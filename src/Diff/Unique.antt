-- ===== src/Diff/Unique.antt =====
-- src/core/diff.rs: what `unique_hashes` finds.
use mathlib.Core.Path.{◌≡◌, refl, sym, ap, subst, ◌∙◌}
use mathlib.Core.Logic.{◌⊎◌, inl, inr}
use Prim.Native.Nat.{Ordering}
use native.Mathlib.Omega.{arith}
use backupsage.Base.{
  any, is_some, not, Bool, true, false, Option, none, some, List, [], ◌∷◌, ◌++◌, All, All-imp,
  filter, append_assoc, append-nil, if◌then◌else◌, Result, ok, ◌>>=◌, >>=-eq-ok, ok-injective,
  Option-cases,
}
use backupsage.Base.Order.{Ord, eqb, eqb_iff, IsSorted, nat_ord, list_ord}
use backupsage.Base.SortedMap.{
  SortedMap, keys, lookup, upsert, lookup-upsert, upsert-IsSorted, lookup-below,
}
use backupsage.Coverage.{Bytes}
use backupsage.Diff.Types.{complete, Entry, Snapshot, DiffError}
use backupsage.Diff.Rows.{trusted_hash}
use backupsage.Diff.Compare.{add_to, by_hash, singletons, unique_hashes}

abbrev is_hash : Bytes → Option Bytes → Bool
is_hash hash none = false
is_hash hash (some h) = eqb hash h

-- Whether an entry's trusted hash is this one.
abbrev pub has_hash : Bytes → Entry → Bool
has_hash hash e = is_hash hash (trusted_hash e)

abbrev group_at : Option (List Entry) → List Entry
group_at none = []
group_at (some es) = es

add_to-group_at : (e : Entry) (o : Option (List Entry)) → add_to e o ≡ group_at o ++ (e ∷ [])
add_to-group_at e o = ground arith

by_hash-filter :
    (hash : Bytes) (m m' : SortedMap Bytes (List Entry)) (es : List Entry)
    → by_hash m es ≡ ok m'
    → group_at (lookup hash m') ≡ group_at (lookup hash m) ++ filter (has_hash hash) es
unfolding by_hash
by_hash-filter hash m m' [] h =
    rw (sym (ok-injective h)) (sym (append-nil (group_at (lookup hash m))))
by_hash-filter hash m m' (e ∷ es) h = elim (Option-cases (trusted_hash e)) [
  | inl n ↦ cc
  | inr (k, t) ↦ ground (
    arith,
    by_hash-filter hash (upsert k (add_to e) m) m' es,
    lookup-upsert k hash (add_to e) m,
    add_to-group_at e (lookup hash m),
    (eqb_iff hash k).0,
    append_assoc (group_at (lookup hash m)) (e ∷ []) (filter (has_hash hash) es),
  )
]

by_hash-cons :
    (m m' : SortedMap Bytes (List Entry)) (e : Entry) (es : List Entry) (k : Bytes)
    → trusted_hash e ≡ some k
    → by_hash m (e ∷ es) ≡ ok m'
    → by_hash (upsert k (add_to e) m) es ≡ ok m'
unfolding by_hash
by_hash-cons m m' e es k t h = ground arith

by_hash-IsSorted :
    (m m' : SortedMap Bytes (List Entry)) (es : List Entry)
    → by_hash m es ≡ ok m'
    → IsSorted (keys m)
    → IsSorted (keys m')
unfolding by_hash
by_hash-IsSorted m m' [] h s = subst (λ x. IsSorted (keys x)) (ok-injective h) s
by_hash-IsSorted m m' (e ∷ es) h s = elim (Option-cases (trusted_hash e)) [
  | inl n ↦ cc
  | inr (k, t) ↦
      by_hash-IsSorted (upsert k (add_to e) m) m' es (by_hash-cons m m' e es k t h)
        (upsert-IsSorted k (add_to e) m s)
]

module _ {K : Type 0} ⦃o : Ord K⦄ where
  keys-singletons :
      (P : K → Type 0) (m : SortedMap K (List Entry)) → All P (keys m) → All P (keys (singletons m))
  unfolding singletons
  keys-singletons P [] h = tt
  keys-singletons P ((k, []) ∷ m) h = keys-singletons P m h.1
  keys-singletons P ((k, x ∷ []) ∷ m) h = (h.0, keys-singletons P m h.1)
  keys-singletons P ((k, x ∷ y ∷ es) ∷ m) h = keys-singletons P m h.1

  above :
      (hash k : K) (m : SortedMap K (List Entry)) (e : Entry)
      → ¬ (o.cmp hash k ≡ Ordering.gt)
      → All (λ j. o.cmp k j ≡ Ordering.lt) (keys m)
      → ¬ (lookup hash (singletons m) ≡ some e)
  above hash k m e h low found_it =
      let none_there = lookup-below hash (singletons m) (
        keys-singletons (λ j. o.cmp hash j ≡ Ordering.lt) m
          (All-imp {Q = λ j. o.cmp hash j ≡ Ordering.lt}
            (λ j q. ground (arith, o.lt_trans hash k j, o.eq_of hash k)) (keys m) low)) in
      cc

  lookup-singletons :
      (hash : K) (m : SortedMap K (List Entry)) (e : Entry)
      → IsSorted (keys m)
      → lookup hash (singletons m) ≡ some e
      → lookup hash m ≡ some (e ∷ [])
  unfolding lookup singletons
  lookup-singletons hash [] e s h = cc
  lookup-singletons hash ((k, []) ∷ m) e s h =
      ground (arith, above hash k m e, lookup-singletons hash m e s.1)
  lookup-singletons hash ((k, x ∷ []) ∷ m) e s h =
      ground (arith, above hash k m e, lookup-singletons hash m e s.1)
  lookup-singletons hash ((k, x ∷ y ∷ es) ∷ m) e s h =
      ground (arith, above hash k m e, lookup-singletons hash m e s.1)

guarded :
    (b : Bool) (found_groups : Result DiffError (SortedMap Bytes (List Entry)))
    (m : SortedMap Bytes Entry)
    → (if b then ok [] else (found_groups >>= λ g. ok (singletons g))) ≡ ok m
    → (m ≡ [])
      ⊎ ((b ≡ false)
          × ((g : SortedMap Bytes (List Entry)) × (found_groups ≡ ok g) × (m ≡ singletons g)))
guarded true found_groups m h = inl (sym (ok-injective h))
guarded false found_groups m h =
    let (g, e, u) = >>=-eq-ok found_groups (λ g. ok (singletons g)) h in
    inr (refl, (g, e, sym (ok-injective u)))

-- An entry that `unique_hashes` gives stands in a complete snapshot, where every entry has a trusted
-- hash, and is the only entry with its hash.
pub unique_hashes-only :
    (s : Snapshot) (m : SortedMap Bytes Entry) (hash : Bytes) (e : Entry)
    → unique_hashes s ≡ ok m
    → lookup hash m ≡ some e
    → (s.info.state ≡ complete)
      × (filter (has_hash hash) s.entries ≡ e ∷ [])
      × (any (λ x. not (is_some (trusted_hash x))) s.entries ≡ false)
unfolding unique_hashes lookup
unique_hashes-only s m hash e h there = elim (guarded _ (by_hash [] s.entries) m h) [
  | inl nothing ↦ let gone = sym there ∙ ap (lookup hash) nothing in cc
  | inr (b, (g, run, eq_m)) ↦
      let one =
        lookup-singletons hash g e (by_hash-IsSorted [] g s.entries run tt)
          (sym (ap (lookup hash) eq_m) ∙ there) in
      (ground arith, sym (by_hash-filter hash [] g s.entries run) ∙ ap group_at one, ground arith)
]
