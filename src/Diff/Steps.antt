-- ===== src/Diff/Steps.antt =====
-- src/core/diff.rs: what a step of `compare` checks and uses up.
use mathlib.Core.Path.{◌≡◌, refl, subst}
use mathlib.Core.List.{Memᴰ}
use mathlib.Core.List.Memᴰ
use mathlib.Core.Logic.{inl, inr}
use native.Mathlib.Omega.{arith}
use backupsage.Base.{
  ◌==◌, true, false, Option, none, some, is_some, List, [], ◌∷◌, map, any, filter, All, All-imp,
  Option-cases,
}
use backupsage.Base.Int.{ℤ}
use backupsage.Base.Order.{eqb, eqb_iff, eqb_refl, nat_ord, int_ord, list_ord, pair_ord, option_ord}
use backupsage.Base.SortedMap.{lookup}
use backupsage.Base.Members.{each_in, in_filter, All-filter, filter-All}
use backupsage.Coverage.{Bytes}
use backupsage.Diff.Types.{Entry, Snapshot}
use backupsage.Diff.Rows.{trusted_hash}
use backupsage.Diff.Compare.{Sides, Step, left_step, moved_to, can_move, could_hold, used_ids}
use backupsage.Diff.Unique.{has_hash}

not_there : {A : Type 0} (o : Option A) → is_some o ≡ false → o ≡ none
not_there none h = refl
not_there (some a) h = cc

-- The facts that `moved_to` checks before it gives an entry.
pub moved_to_checks :
    (c : Sides) (a b : Entry)
    → moved_to c a ≡ some b
    → (hash : Bytes) × (x : Entry) × (trusted_hash a ≡ some hash)
      × (c.is_compatible ≡ true)
      × ((a.size == 0) ≡ false)
      × (lookup hash c.before_hashes ≡ some x)
      × (lookup hash c.after_hashes ≡ some b)
      × (a.size ≡ b.size)
      × (lookup b.path c.left ≡ none)
      × (could_hold c.left_u b.path ≡ false)
unfolding moved_to can_move
moved_to_checks c a b h = elim (Option-cases (trusted_hash a)) [
  | inl n ↦ ground arith
  | inr (hash, t) ↦ elim (Option-cases (lookup hash c.before_hashes)) [
    | inl n ↦ ground arith
    | inr (x, l) ↦ elim (Option-cases (lookup hash c.after_hashes)) [
      | inl n ↦ ground arith
      | inr (y, r) ↦
          let same : y ≡ b = ground arith in
          (
            hash,
            x,
            t,
            ground arith,
            ground arith,
            l,
            ground arith,
            ground arith,
            not_there (lookup b.path c.left) (ground (arith, same)),
            ground (arith, same),
          )
    ]
  ]
]

pub hash_of_has : (hash : Bytes) (e : Entry) → has_hash hash e ≡ true → trusted_hash e ≡ some hash
hash_of_has hash e h = elim (Option-cases (trusted_hash e)) [
  | inl n ↦ ground arith
  | inr (k, t) ↦ ground (arith, (eqb_iff hash k).0)
]

-- The only entry with a hash is each entry that has it.
pub only_one :
    (hash : Bytes) (s : Snapshot) (a x : Entry)
    → Memᴰ a s.entries
    → has_hash hash a ≡ true
    → filter (has_hash hash) s.entries ≡ x ∷ []
    → a ≡ x
only_one hash s a x there h only =
    Memᴰ.eq_of_singleton (subst (Memᴰ a) only (in_filter (has_hash hash) s.entries a there h))

pub has_of_hash : (hash : Bytes) (e : Entry) → trusted_hash e ≡ some hash → has_hash hash e ≡ true
has_of_hash hash e t = rw t (eqb_refl hash)

-- The only entry with a hash is there, and has it.
pub only_there :
    (hash : Bytes) (s : Snapshot) (x : Entry)
    → filter (has_hash hash) s.entries ≡ x ∷ []
    → Memᴰ x s.entries × (has_hash hash x ≡ true)
only_there hash s x only = (
  (subst (All (λ e. Memᴰ e s.entries)) only
      (All-filter (λ e. Memᴰ e s.entries) (has_hash hash) s.entries (each_in s.entries))).0,
  (subst (All (λ e. has_hash hash e ≡ true)) only (filter-All (has_hash hash) s.entries)).0,
)

used_later :
    (id : ℤ) (s : Step) (steps : List Step)
    → any (eqb id) (used_ids steps) ≡ true
    → any (eqb id) (used_ids (s ∷ steps)) ≡ true
used_later id (c, none) steps h = h
used_later id (c, some i) steps h = ground (arith, h)

used_first :
    (id : ℤ) (s : Step) (steps : List Step)
    → s.1 ≡ some id
    → any (eqb id) (used_ids (s ∷ steps)) ≡ true
used_first id (c, none) steps h = cc
used_first id (c, some i) steps h = let same : i ≡ id = cc in rw same (ground (arith, eqb_refl id))

-- Each step's entry of the later snapshot is among the used ones.
pub steps_used :
    (c : Sides) (xs : List (Bytes × Entry))
    → All
        (λ x.
          (id : ℤ)
          → (left_step c x).1 ≡ some id
          → any (eqb id) (used_ids (map (left_step c) xs)) ≡ true)
        xs
steps_used c [] = tt
steps_used c (x ∷ xs) = (
  λ id h. used_first id (left_step c x) (map (left_step c) xs) h,
  All-imp (λ y h id at. used_later id (left_step c x) (map (left_step c) xs) (h id at)) xs
      (steps_used c xs),
)

pub step_at :
    (c : Sides) (path : Bytes) (a b : Entry)
    → lookup path c.right ≡ some b
    → (left_step c (path, a)).1 ≡ some b.file_id
unfolding left_step
step_at c path a b l = rw (l, left_step) refl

ASSIGNED TASK
Tell how many lines of the listing contain the string "else", giving the number without any other words.

RESULT OF THIS TASK
2